Report: Romania is well positioned to attract industrial capacities from Asia

Aurel Constantin 13/07/2020 | 10:09

The Central and Eastern European Region (CEE) may attract new production capacity as the global economy undergoes major changes in the pandemic context, according to a Colliers International report on the regional industrial market. Romania is very competitive in terms of costs, and industrial production has increased significantly in recent years, qualities that can turn the country into a magnet for investments in the production area.

The global economy is undergoing a period of intense changes in the context of the pandemic, and the relationship between Europe and China is expected to shift significantly in the future. More and more specialists are talking about a relocation of important production capacities operated in Asia by European companies, eager to better control the supply chain. A major impediment, however, would have been, until recently, the significantly higher production costs in Central and Eastern Europe compared to China. As wages in China have advanced enormously in the last 10 years, this change is becoming more and more possible, especially in the context of a pandemic that has put huge pressure on the supply chain.

The Central and Eastern European area has seen one of the highest rates of economic growth in the last decade, and industrial production has kept the pace. Probably the biggest advantage that countries in this region have is the labor market, with wages several times lower than in Western Europe and, in recent years, surprisingly similar to those in China, according to Colliers International’s report.

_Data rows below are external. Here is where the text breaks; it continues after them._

-- ===== src/Evolution/Bulk/Witnesses.antt =====
-- evolution/replay.py, counterexamples.py and shadow.py: the reports on a scope over two points.
use mathlib.Core.List.{Memᴰ}
use sep.Base.{
  ◌≤◌, ◌<◌, ◌≡◌, refl, sym, ap, ◌∙◌, ◌↔◌, String, true, false, some, List, [], ◌∷◌, ◌==◌, eq_iff,
}
use sep.Domain.Policy.{BulkScope}
use sep.Domain.Hypothesis.{HypothesisClass}
use sep.Evolution.Replay.{HistoryPoint}
use sep.Evolution.Bulk.{BulkAttackConfig, replay_bulk, attack_bulk, shadow_bulk}
use sep.Evolution.Bulk.Agreement.{Distinct, bulk_reports_agree}

abbrev point : String → String → String → HistoryPoint
point id desk label = record {
  episode_id = id;
  eval_time = "t0";
  desk = desk;
  label = some label;
  signals = record { episode_id = id; eval_time = "t0"; numeric = []; flags = []; labels = [] };
  assessed_class = some HypothesisClass.benign;
  assessed_type = some "HEDGE";
}

abbrev cleared : HistoryPoint
cleared = point "E-1" "EQ" "CLEARED"

abbrev escalated : HistoryPoint
escalated = point "E-2" "FX" "ESCALATED"

abbrev history : List HistoryPoint
history = cleared ∷ escalated ∷ []

abbrev hedges : String → BulkScope
hedges desk = record { hypothesis_type = "HEDGE"; desk = desk }

abbrev limits : BulkAttackConfig
limits = record { max_listed = 5; min_bulk_cleared = 1 }

one_desk : (attack_bulk (hedges "EQ") history limits).passed ≡ true
unfolding attack_bulk
one_desk = refl

any_desk : (attack_bulk (hedges "*") history limits).passed ≡ false
unfolding attack_bulk
any_desk = refl

unlike : cleared.episode_id ≡ escalated.episode_id → cleared ≡ escalated
unlike h = absurd (apart ((eq_iff "E-1" "E-2").1 h))
  where
    apart : ("E-1" == "E-2") ≡ true → ⊥
    apart e = cc

abbrev id_of : HistoryPoint → String
id_of p = p.episode_id

history-Distinct : Distinct history
history-Distinct p q (Memᴰ.head e) (Memᴰ.head f) h = e ∙ sym f
history-Distinct p q (Memᴰ.head e) (Memᴰ.tail (Memᴰ.head f)) h =
    e ∙ (unlike (ap id_of (sym e) ∙ (h ∙ ap id_of f)) ∙ sym f)
history-Distinct p q (Memᴰ.tail (Memᴰ.head e)) (Memᴰ.head f) h =
    e ∙ (sym (unlike (ap id_of (sym f) ∙ (sym h ∙ ap id_of e))) ∙ sym f)
history-Distinct p q (Memᴰ.tail (Memᴰ.head e)) (Memᴰ.tail (Memᴰ.head f)) h = e ∙ sym f
history-Distinct p q (Memᴰ.tail (Memᴰ.tail m)) n h = elim m [ ]
history-Distinct p q (Memᴰ.head e) (Memᴰ.tail (Memᴰ.tail n)) h = elim n [ ]
history-Distinct p q (Memᴰ.tail (Memᴰ.head e)) (Memᴰ.tail (Memᴰ.tail n)) h = elim n [ ]

bulk_reports_agree_example :
    ((attack_bulk (hedges "EQ") history limits).passed ≡ true
      ↔ ((replay_bulk (hedges "EQ") history 3).labelled_escalated ≡ 0)
        × (1 ≤ (replay_bulk (hedges "EQ") history 3).labelled_cleared))
    × ((shadow_bulk (hedges "EQ") history).passed ≡ true
        ↔ ((replay_bulk (hedges "EQ") history 3).labelled_escalated ≡ 0)
          × (0 < (replay_bulk (hedges "EQ") history 3).would_be_bulk))
bulk_reports_agree_example = bulk_reports_agree (hedges "EQ") history history-Distinct limits 3
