-- ===== src/Evolution/Governance.antt =====
-- evolution/governance.py: the class by which detection and bulk policy change.
pub mod State
pub mod Methods
pub mod Access
pub mod Lifecycle
pub mod Invariant
pub mod Appending
pub mod Events
pub mod Activation
pub mod Release
pub mod Preserved
pub mod Runs
mod Samples
mod Witnesses
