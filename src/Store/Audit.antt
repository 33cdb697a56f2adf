-- ===== src/Store/Audit.antt =====
-- store/db.py: the hash-chained audit log of `Store`. The log holds its entries by ascending `seq`;
-- `detail` is kept as the value that its canonical JSON denotes, and `digest` is
-- `content_hash(canonical_json(...))` of an entry's body.
pub mod Chain
pub mod Encoding
use sep.Base.{
  ℕ, ◌+◌, String, ◌≡◌, Bool, true, false, not, ◌||◌, Option, none, some, List, [], ◌∷◌, ◌++◌,
  length, map, take, reverse, eqb, if◌then◌else◌, ◌==◌,
}

-- The dictionary that is hashed.
pub record Body : Type 0 where
  pub at : String
  pub actor : String
  pub action : String
  pub subject : String
  pub detail : List (String × String)
  pub prev : String

pub record Entry : Type 0 where
  pub seq : ℕ
  pub at : String
  pub actor : String
  pub action : String
  pub subject : String
  pub detail : List (String × String)
  pub prev_hash : String
  pub hash : String

abbrev pub Log : Type 0
Log = List Entry

-- "0" * 64
abbrev pub genesis : String
genesis = "0000000000000000000000000000000000000000000000000000000000000000"

abbrev pub body : Entry → String → Body
body e prev = record {
  at = e.at;
  actor = e.actor;
  action = e.action;
  subject = e.subject;
  detail = e.detail;
  prev = prev;
}

-- ORDER BY seq DESC LIMIT 1
abbrev pub newest : Log → Option Entry
newest [] = none
newest (e ∷ []) = some e
newest (e ∷ (f ∷ log)) = newest (f ∷ log)

pub head_hash : Option Entry → String
head_hash none = genesis
head_hash (some e) = e.hash

unfoldable pub next_seq : Option Entry → ℕ
next_seq none = 1
next_seq (some e) = e.seq + 1

module _ (digest : Body → String) where
  unfoldable pub new_entry :
      String → String → String → String → List (String × String) → Log → Entry
  unfolding head_hash next_seq
  new_entry now actor action subject detail log = record {
    seq = next_seq (newest log);
    at = now;
    actor = actor;
    action = action;
    subject = subject;
    detail = detail;
    prev_hash = head_hash (newest log);
    hash = digest (record {
      at = now;
      actor = actor;
      action = action;
      subject = subject;
      detail = detail;
      prev = head_hash (newest log);
    });
  }

  -- `Store.audit`, with the clock's reading `now`. It returns the digest and the new log.
  unfoldable pub audit :
      String → String → String → String → List (String × String) → Log → String × Log
  unfolding new_entry
  audit now actor action subject detail log =
      let e = new_entry now actor action subject detail log in (e.hash, log ++ (e ∷ []))

  -- The loop of `verify_audit_chain`: false at the first entry that does not fit.
  pub verify_from : String → Log → Bool
  verify_from prev [] = true
  verify_from prev (e ∷ log) =
      if not (e.prev_hash == prev) || not (digest (body e prev) == e.hash)
      then false
      else verify_from e.hash log

  unfoldable pub verify_audit_chain : Log → Bool × ℕ
  unfolding verify_from
  verify_audit_chain log = (verify_from genesis log, length log)

pub head_of : Option Entry → Option (ℕ × String)
head_of none = none
head_of (some e) = some (e.seq, e.hash)

unfoldable pub audit_head : Log → Option (ℕ × String)
unfolding head_of
audit_head log = head_of (newest log)

-- WHERE seq = ?
unfoldable pub audit_hash_at : ℕ → Log → Option String
audit_hash_at seq [] = none
audit_hash_at seq (e ∷ log) = if eqb e.seq seq then some e.hash else audit_hash_at seq log

-- An entry as `audit_entries` gives it out, without the hash before it.
pub record ListedEntry : Type 0 where
  pub seq : ℕ
  pub at : String
  pub actor : String
  pub action : String
  pub subject : String
  pub detail : List (String × String)
  pub hash : String

abbrev as_listed : Entry → ListedEntry
as_listed e = record {
  seq = e.seq;
  at = e.at;
  actor = e.actor;
  action = e.action;
  subject = e.subject;
  detail = e.detail;
  hash = e.hash;
}

-- ORDER BY seq DESC LIMIT ?
unfoldable pub audit_entries : ℕ → Log → List ListedEntry
audit_entries limit log = map as_listed (take limit (reverse log))
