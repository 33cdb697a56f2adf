-- ===== src/Store/Artifacts/Latest.antt =====
-- store/db.py: `put_latest` and `list_artifacts`. `at` is the first reading of the clock and `token`
-- the random part of the version. Keys are ordered by their code points, as SQLite orders them.
pub mod Pointers
use sep.Base.{String, Bool, not, ◌==◌, List, [], ◌∷◌, map, filter, if◌then◌else◌}
use Prim.Native.String
use sep.Base.Sort.{sort_with, text_le}
use sep.Core.Errors.{Result}
use sep.Store.Artifacts.{Row, Table, put_artifact}

-- f"{ts_key(utcnow())}|{uuid.uuid4().hex[:12]}|{version}"
unfoldable pub unique_version : String → String → String → String
unique_version at token version =
    String.◌++◌ at (String.◌++◌ "|" (String.◌++◌ token (String.◌++◌ "|" version)))

module _ {P : Type 0} where
  unfoldable pub put_latest :
      (P → String)
      → List (Row P)
      → List (Row P)
      → (at token now kind version : String) → P
      → Table P
      → Result String × Table P
  unfolding unique_version put_artifact
  put_latest content_hash raced raced' at token now kind version payload t =
      put_artifact content_hash raced raced' kind "latest" (unique_version at token version) now
        payload t

  -- The rows whose seq is MAX(seq) for their key: WHERE kind=? GROUP BY key.
  unfoldable pub newest_rows : String → Table P → Table P
  newest_rows kind [] = []
  newest_rows kind (r ∷ t) =
      let rest = newest_rows kind t in
      if r.kind == kind then r ∷ filter (λ (s : Row P). not (s.key == r.key)) rest else rest

  abbrev pub key_order : Row P → Row P → Bool
  key_order r s = text_le r.key s.key

  abbrev pub listed_as : Row P → String × (String × P)
  listed_as r = (r.key, (r.version, r.payload))

  unfoldable pub list_artifacts : String → Table P → List (String × (String × P))
  unfolding newest_rows sort_with
  list_artifacts kind t = map listed_as (sort_with key_order (newest_rows kind t))
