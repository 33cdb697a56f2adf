-- ===== src/Evolution/Governance/State.antt =====
-- evolution/governance.py: the transition table, the stored payloads, and the methods that only read.
use sep.Base.{
  String, Bool, true, false, not, ◌&&◌, ◌||◌, Option, none, some, List, [], ◌∷◌, find, reverse,
  if◌then◌else◌,
}
use text.Mathlib.Text.{starts_with}
use sep.Core.Errors.{
  Result, ok, err, governance_error, permission_denied, validation_error, key_error, value_error,
  ◌>>=◌,
}
use sep.Core.Security.{Role, Principal, has_role}
use sep.Domain.Policy.{
  PolicyBundle, CandidateState, draft, replayed, counterexamples_passed, counterexamples_failed,
  shadow_passed, shadow_failed, awaiting_approval, released, rejected, Candidate, CandidateEvent,
}
use sep.Store.Artifacts.{Table, get_artifact, artifact_history}
use sep.Store.Artifacts.Latest.{list_artifacts}
use sep.Store.Audit.{Log}

-- ALLOWED[current] holds the states that may follow.
unfoldable pub allowed : CandidateState → CandidateState → Bool
allowed draft replayed = true
allowed draft rejected = true
allowed replayed counterexamples_passed = true
allowed replayed counterexamples_failed = true
allowed replayed rejected = true
allowed counterexamples_passed shadow_passed = true
allowed counterexamples_passed shadow_failed = true
allowed counterexamples_passed rejected = true
allowed counterexamples_failed rejected = true
allowed shadow_passed awaiting_approval = true
allowed shadow_passed rejected = true
allowed shadow_failed rejected = true
allowed awaiting_approval released = true
allowed awaiting_approval rejected = true
allowed _ _ = false

-- `state.value`
unfoldable pub state_value : CandidateState → String
state_value draft = "DRAFT"
state_value replayed = "REPLAYED"
state_value counterexamples_passed = "COUNTEREXAMPLES_PASSED"
state_value counterexamples_failed = "COUNTEREXAMPLES_FAILED"
state_value shadow_passed = "SHADOW_PASSED"
state_value shadow_failed = "SHADOW_FAILED"
state_value awaiting_approval = "AWAITING_APPROVAL"
state_value released = "RELEASED"
state_value rejected = "REJECTED"

abbrev pub is_awaiting : CandidateState → Bool
is_awaiting awaiting_approval = true
is_awaiting _ = false

-- `_human`
unfoldable pub human : Principal → Result (Unit {0})
human p =
    let is_service = has_role Role.service p.roles && not (has_role Role.admin p.roles) in
    if starts_with p.user_id "agent:" || is_service then err permission_denied else ok tt

-- What governance stores: models, the activation record, and the reports of the evolution steps.
pub data Payload : Type 0 where
  bundle_payload : PolicyBundle → Payload
  candidate_payload : Candidate → Payload
  event_payload : CandidateEvent → Payload
  activation_payload : (bundle_id actor at : String) → Payload
  report_payload : String → Payload

-- `model_validate_json` at each model: a payload of another shape is refused.
abbrev pub as_bundle : Payload → Result PolicyBundle
as_bundle (bundle_payload b) = ok b
as_bundle _ = err validation_error

abbrev pub as_candidate : Payload → Result Candidate
as_candidate (candidate_payload c) = ok c
as_candidate _ = err validation_error

abbrev pub as_event : Payload → Result CandidateEvent
as_event (event_payload e) = ok e
as_event _ = err validation_error

-- `json.loads(payload)["bundle_id"]`
abbrev pub activated_id : Payload → Result String
activated_id (activation_payload bundle_id actor at) = ok bundle_id
activated_id (bundle_payload b) = ok b.bundle_id
activated_id _ = err key_error

pub record Db : Type 0 where
  pub artifacts : Table Payload
  pub audit_log : Log

abbrev pub empty : Db
empty = record { artifacts = []; audit_log = [] }

abbrev pub bundle_kind : String
bundle_kind = "policy_bundle"

abbrev pub activation_kind : String
activation_kind = "activation"

abbrev pub candidate_kind : String
candidate_kind = "candidate"

abbrev pub event_kind : String
event_kind = "candidate_event"

-- `get_model`, where the caller takes None as an error of its own.
abbrev pub required : {A : Type 0} → (Payload → Result A) → Option Payload → Result A
required as_model none = err governance_error
required as_model (some p) = as_model p

-- [M.model_validate_json(p) for p in payloads]
abbrev pub validate_all : {A : Type 0} → (Payload → Result A) → List Payload → Result (List A)
validate_all as_model [] = ok []
validate_all as_model (p ∷ ps) = do a ← as_model p; rest ← validate_all as_model ps; ok (a ∷ rest)

unfoldable pub bundle : String → Db → Result PolicyBundle
bundle bundle_id db = required as_bundle (get_artifact bundle_kind bundle_id none db.artifacts)

activated_bundle : Db → Option Payload → Result (Option PolicyBundle)
unfolding bundle
activated_bundle db none = ok none
activated_bundle db (some p) = do bundle_id ← activated_id p; b ← bundle bundle_id db; ok (some b)

unfoldable pub active_bundle_or_none : Db → Result (Option PolicyBundle)
unfolding activated_bundle
active_bundle_or_none db =
    activated_bundle db (get_artifact activation_kind "production" none db.artifacts)

-- [M.model_validate_json(p) for _, _, p in self.store.list_artifacts(kind)]
abbrev validate_listed :
    {A : Type 0} → (Payload → Result A) → List (String × (String × Payload)) → Result (List A)
validate_listed as_model [] = ok []
validate_listed as_model ((key, (version, p)) ∷ rows) = do
  a ← as_model p
  rest ← validate_listed as_model rows
  ok (a ∷ rest)

unfoldable pub bundles : Db → Result (List PolicyBundle)
bundles db = validate_listed as_bundle (list_artifacts bundle_kind db.artifacts)

unfoldable pub candidates : Db → Result (List Candidate)
candidates db = validate_listed as_candidate (list_artifacts candidate_kind db.artifacts)

-- The dictionaries as they were stored, the oldest first.
unfoldable pub activations : Db → List Payload
activations db = artifact_history activation_kind "production" db.artifacts

abbrev seeded : Option PolicyBundle → Result PolicyBundle
seeded none = err governance_error
seeded (some b) = ok b

unfoldable pub active_bundle : Db → Result PolicyBundle
unfolding active_bundle_or_none
active_bundle db = do b ← active_bundle_or_none db; seeded b

unfoldable pub candidate : String → Db → Result Candidate
candidate candidate_id db =
    required as_candidate (get_artifact candidate_kind candidate_id none db.artifacts)

unfoldable pub events : String → Db → Result (List CandidateEvent)
events candidate_id db =
    validate_all as_event (artifact_history event_kind candidate_id db.artifacts)

-- `events[-1].state`
abbrev pub last_state : List CandidateEvent → Result CandidateState
last_state [] = err governance_error
last_state (e ∷ []) = ok e.state
last_state (e ∷ (f ∷ es)) = last_state (f ∷ es)

unfoldable pub state : String → Db → Result CandidateState
unfolding events
state candidate_id db = do es ← events candidate_id db; last_state es

abbrev actor_of : Option CandidateEvent → Result String
actor_of none = err value_error
actor_of (some e) = ok e.actor

-- The actor of the latest submission: next(... for e in reversed(events) if ...).
abbrev pub submitter : List CandidateEvent → Result String
submitter es = actor_of (find (λ (e : CandidateEvent). is_awaiting e.state) (reverse es))
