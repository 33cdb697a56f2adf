-- ===== src/Evolution/Governance/Methods.antt =====
-- evolution/governance.py: the methods of `Governance` that write. The clock's readings within one
-- call are one argument, `now`; `four_eyes` is the reading of the configuration. `content_hash` is
-- the digest of a stored payload and `digest` that of an audit entry.
use sep.Base.{
  ℕ, ◌+◌, String, Bool, true, false, not, ◌&&◌, Option, none, some, List, [], ◌∷◌, ◌++◌, filter,
  length, ◌==◌,
}
use sep.Base.Text.{str, str_04d}
use Prim.Native.String
use sep.Core.Errors.{Error, Result, ok, err, governance_error, permission_denied}
use sep.Core.Security.{Role, Principal, require_role}
use sep.Domain.Policy.{
  RuleSpec, RuleSet, BulkScope, BulkPolicy, same_scope, PolicyBundle, CandidateKind, detection_rule,
  bulk_policy_scope, CandidateState, draft, awaiting_approval, released, rejected, Candidate,
  CandidateEvent,
}
use sep.Store.Artifacts.{get_artifact, artifact_history, put_artifact}
use sep.Store.Audit.{Body, audit}
use sep.Store.Session.{Exec, pure, raise, lift, reads, ◌>>=◌, ◌>>◌}
use sep.Evolution.Governance.State.{
  allowed, state_value, is_awaiting, human, Payload, bundle_payload, candidate_payload,
  event_payload, activation_payload, as_candidate, Db, bundle_kind, activation_kind, candidate_kind,
  event_kind, bundle, active_bundle_or_none, active_bundle, candidate, events, state, submitter,
}

-- f"BUNDLE-{version:04d}"
unfoldable pub bundle_id : ℕ → String
bundle_id version = String.◌++◌ "BUNDLE-" (str_04d version)

unfoldable pub next_rules : RuleSpec → RuleSet → RuleSet
next_rules rule rules =
    filter (λ (r : RuleSpec). not (r.rule_id == rule.rule_id)) rules ++ (rule ∷ [])

unfoldable pub next_scopes : BulkScope → BulkPolicy → BulkPolicy
next_scopes scope scopes =
    filter (λ (s : BulkScope). not (same_scope s scope)) scopes ++ (scope ∷ [])

-- The rules and scopes of the new bundle; a candidate without its payload is refused.
abbrev amendment :
    CandidateKind
    → Option RuleSpec
    → Option BulkScope
    → PolicyBundle
    → Result (RuleSet × BulkPolicy)
amendment detection_rule (some rule) scope parent =
    ok (next_rules rule parent.rules, parent.bulk_policy)
amendment detection_rule none scope parent = err governance_error
amendment bulk_policy_scope rule (some scope) parent =
    ok (parent.rules, next_scopes scope parent.bulk_policy)
amendment bulk_policy_scope rule none parent = err governance_error

unfoldable pub amended : Candidate → PolicyBundle → Result (RuleSet × BulkPolicy)
amended c parent = amendment c.kind c.rule c.bulk_scope parent

-- The bundle that `approve` builds over its parent.
abbrev pub released_bundle :
    PolicyBundle → RuleSet × BulkPolicy → String → String → String → String → PolicyBundle
released_bundle parent policy candidate_id approver now note = record {
  bundle_id = bundle_id (parent.version + 1);
  version = parent.version + 1;
  parent_id = some parent.bundle_id;
  rules = policy.0;
  bulk_policy = policy.1;
  created_at = now;
  created_by = approver;
  source_candidate = some candidate_id;
  notes = note;
}

unfoldable pub hash_text : Option String → String
hash_text none = ""
hash_text (some h) = h

unfoldable pub require : Bool → Error → Exec Db (Unit {0})
require true e = pure tt
require false e = raise e

-- `Store.put_artifact`, with no other writer between its statements.
unfoldable pub put :
    (Payload → String) → String → String → String → String → Payload → Exec Db String
put content_hash kind key version now payload db =
    let (r, t) = put_artifact content_hash [] [] kind key version now payload db.artifacts in
    (r, record db { artifacts = t })

-- `Store.audit`
unfoldable pub log :
    (Body → String) → String → String → String → String → List (String × String) → Exec Db String
log digest now actor action subject detail db =
    let (h, entries) = audit digest now actor action subject detail db.audit_log in
    (ok h, record db { audit_log = entries })

-- `str(len(history) + 1)`
unfoldable pub next_version : String → String → Db → String
next_version kind key db = str (length (artifact_history kind key db.artifacts) + 1)

module _ (content_hash : Payload → String) (digest : Body → String) where
  unfoldable pub activate : String → String → String → Exec Db (Unit {0})
  unfolding put log next_version
  activate now bundle_id actor = do
    seq ← reads (λ db. ok (next_version activation_kind "production" db))
    put content_hash activation_kind "production" seq now (activation_payload bundle_id actor now)
    log digest now actor "ACTIVATE_BUNDLE" bundle_id (("sequence", seq) ∷ [])
    pure tt

  abbrev initial_bundle : String → RuleSet → BulkPolicy → PolicyBundle
  initial_bundle now rules bulk = record {
    bundle_id = "BUNDLE-0001";
    version = 1;
    parent_id = none;
    rules = rules;
    bulk_policy = bulk;
    created_at = now;
    created_by = "seed";
    source_candidate = none;
    notes = "initial production policy";
  }

  unfoldable pub seed_unless :
      String → RuleSet → BulkPolicy → Option PolicyBundle → Exec Db PolicyBundle
  unfolding put activate
  seed_unless now rules bulk (some existing) = pure existing
  seed_unless now rules bulk none = do
    let b = initial_bundle now rules bulk
    put content_hash bundle_kind b.bundle_id "1" now (bundle_payload b)
    activate now b.bundle_id "seed"
    pure b

  unfoldable pub seed : String → RuleSet → BulkPolicy → Exec Db PolicyBundle
  unfolding seed_unless
  seed now rules bulk = do
    existing ← reads active_bundle_or_none
    seed_unless now rules bulk existing

  unfoldable pub rollback : String → String → Principal → String → Exec Db PolicyBundle
  unfolding activate log
  rollback now bundle_id principal reason = do
    lift (require_role principal (Role.approver ∷ []))
    lift (human principal)
    b ← reads (bundle bundle_id)
    activate now bundle_id principal.user_id
    log digest now principal.user_id "ROLLBACK" bundle_id (("reason", reason) ∷ [])
    pure b

  -- `_event` behind its check: append the event and its audit entry.
  unfoldable pub append_event :
      String → String → CandidateState → String → Option String → String → Exec Db CandidateEvent
  unfolding put log hash_text
  append_event now candidate_id new actor artifact_hash note = do
    es ← reads (events candidate_id)
    let event : CandidateEvent = record {
      candidate_id = candidate_id;
      state = new;
      actor = actor;
      at = now;
      artifact_hash = artifact_hash;
      note = note;
    }
    put content_hash event_kind candidate_id (str (length es + 1)) now (event_payload event)
    log digest now actor (String.◌++◌ "CANDIDATE_" (state_value new)) candidate_id
        (("artifact_hash", hash_text artifact_hash) ∷ ("note", note) ∷ [])
    pure event

  -- `_event` with its check on.
  unfoldable pub event :
      String → String → CandidateState → String → Option String → String → Exec Db CandidateEvent
  unfolding append_event require
  event now candidate_id new actor artifact_hash note = do
    current ← reads (state candidate_id)
    require (allowed current new) governance_error
    append_event now candidate_id new actor artifact_hash note

  unfoldable pub create_unless : String → Candidate → Option Payload → Exec Db Candidate
  unfolding put append_event
  create_unless now c (some p) = lift (as_candidate p)
  create_unless now c none = do
    put content_hash candidate_kind c.candidate_id "1" now (candidate_payload c)
    append_event now c.candidate_id draft c.proposed_by none "proposed"
    pure c

  unfoldable pub create : String → Candidate → Exec Db Candidate
  unfolding create_unless
  create now c = do
    existing ← reads (λ db. ok (get_artifact candidate_kind c.candidate_id none db.artifacts))
    create_unless now c existing

  unfoldable pub record_step :
      String
      → String
      → CandidateState
      → String
      → String
      → String
      → Payload
      → String
      → Exec Db CandidateEvent
  unfolding put event
  record_step now candidate_id new actor artifact_kind artifact_id artifact note = do
    h ← put content_hash artifact_kind artifact_id "1" now artifact
    event now candidate_id new actor (some h) note

  unfoldable pub submit : String → String → Principal → String → Exec Db CandidateEvent
  unfolding event
  submit now candidate_id principal note = do
    lift (require_role principal (Role.investigator ∷ Role.approver ∷ []))
    lift (human principal)
    event now candidate_id awaiting_approval principal.user_id none note

  unfoldable pub reject : String → String → Principal → String → Exec Db CandidateEvent
  unfolding event
  reject now candidate_id principal reason = do
    lift (require_role principal (Role.approver ∷ []))
    lift (human principal)
    event now candidate_id rejected principal.user_id none reason

  -- The part of `approve` behind its checks. `bundle_ref` is `stable_id("BND", bundle_id)`.
  unfoldable pub release :
      (String → String) → String → String → Principal → String → Exec Db PolicyBundle
  unfolding put event activate
  release bundle_ref now candidate_id principal note = do
    c ← reads (candidate candidate_id)
    parent ← reads active_bundle
    policy ← lift (amended c parent)
    let b = released_bundle parent policy candidate_id principal.user_id now note
    put content_hash bundle_kind b.bundle_id "1" now (bundle_payload b)
    event now candidate_id released principal.user_id (some (bundle_ref b.bundle_id)) note
    activate now b.bundle_id principal.user_id
    pure b

  unfoldable pub approve :
      (String → String) → Result Bool → String → String → Principal → String → Exec Db PolicyBundle
  unfolding release require
  approve bundle_ref four_eyes now candidate_id principal note = do
    lift (require_role principal (Role.approver ∷ []))
    lift (human principal)
    current ← reads (state candidate_id)
    require (is_awaiting current) governance_error
    es ← reads (events candidate_id)
    submitted_by ← lift (submitter es)
    on ← lift four_eyes
    require (not (on && submitted_by == principal.user_id)) permission_denied
    release bundle_ref now candidate_id principal note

“Bulgaria remains well below the level of labor costs in China for production operations, Romania is comparable to China, and Poland and Hungary are not much higher. There are major differences from a decade and a half ago, when Eastern European countries were either preparing to join the EU or had just become members. Between 2004 and 2018, average manufacturing costs increased 5.6 times in China, while in the CEE region the advance was much lower. And all these at a productivity which has clearly kept up the pace,” says Laurențiu Duică, Partner & Head of Industrial Agency at Colliers International.

Specifically, the Czech Republic, Hungary, Poland, Slovakia saw an increase in labor costs of 1.6 to 2.6 times from 2004 to 2018, while Bulgaria and Romania recorded increases of just over 3 times in the same period. For comparison, labor costs in the German production sector are about 3 times higher than in the Czech Republic and Slovakia, about 4 times higher than in Hungary and Poland, almost 6 times higher than in Romania and almost 8 times higher than in Bulgaria.

“Moreover, the CEE region has overtaken Spain and the UK, as measured by the output of its factories, and is closing in on France. The CEE’s factories were initially focused on goods involving low-complexity manufacturing processes, but this has also changed gradually over time: goods with a higher added value and more technologically complex now make up a much higher share throughout the CEE than a decade ago”, says Silviu Pop, Head of Research at Colliers International.

The pace of productivity growth has remained above the pace of cost advances, and, in all Central and Eastern European countries, the gap between value added per employee and labor costs has widened significantly between 2004 and 2018. It is worth noting that in Romania, the gap between value added per employee and labor costs is slightly below that of China, with neighboring countries also following, with small differences.

Innovation remains the region’s Achilles heel, with CEE scoring almost half in the World Economic Forum’s competitiveness indicators compared to Germany, which is nevertheless, one of the world’s top innovators. Still, the region’s countries managed to close the gap significantly compared to Germany and other developed nations, in the last couple of decades, with regards to infrastructure and institutional quality.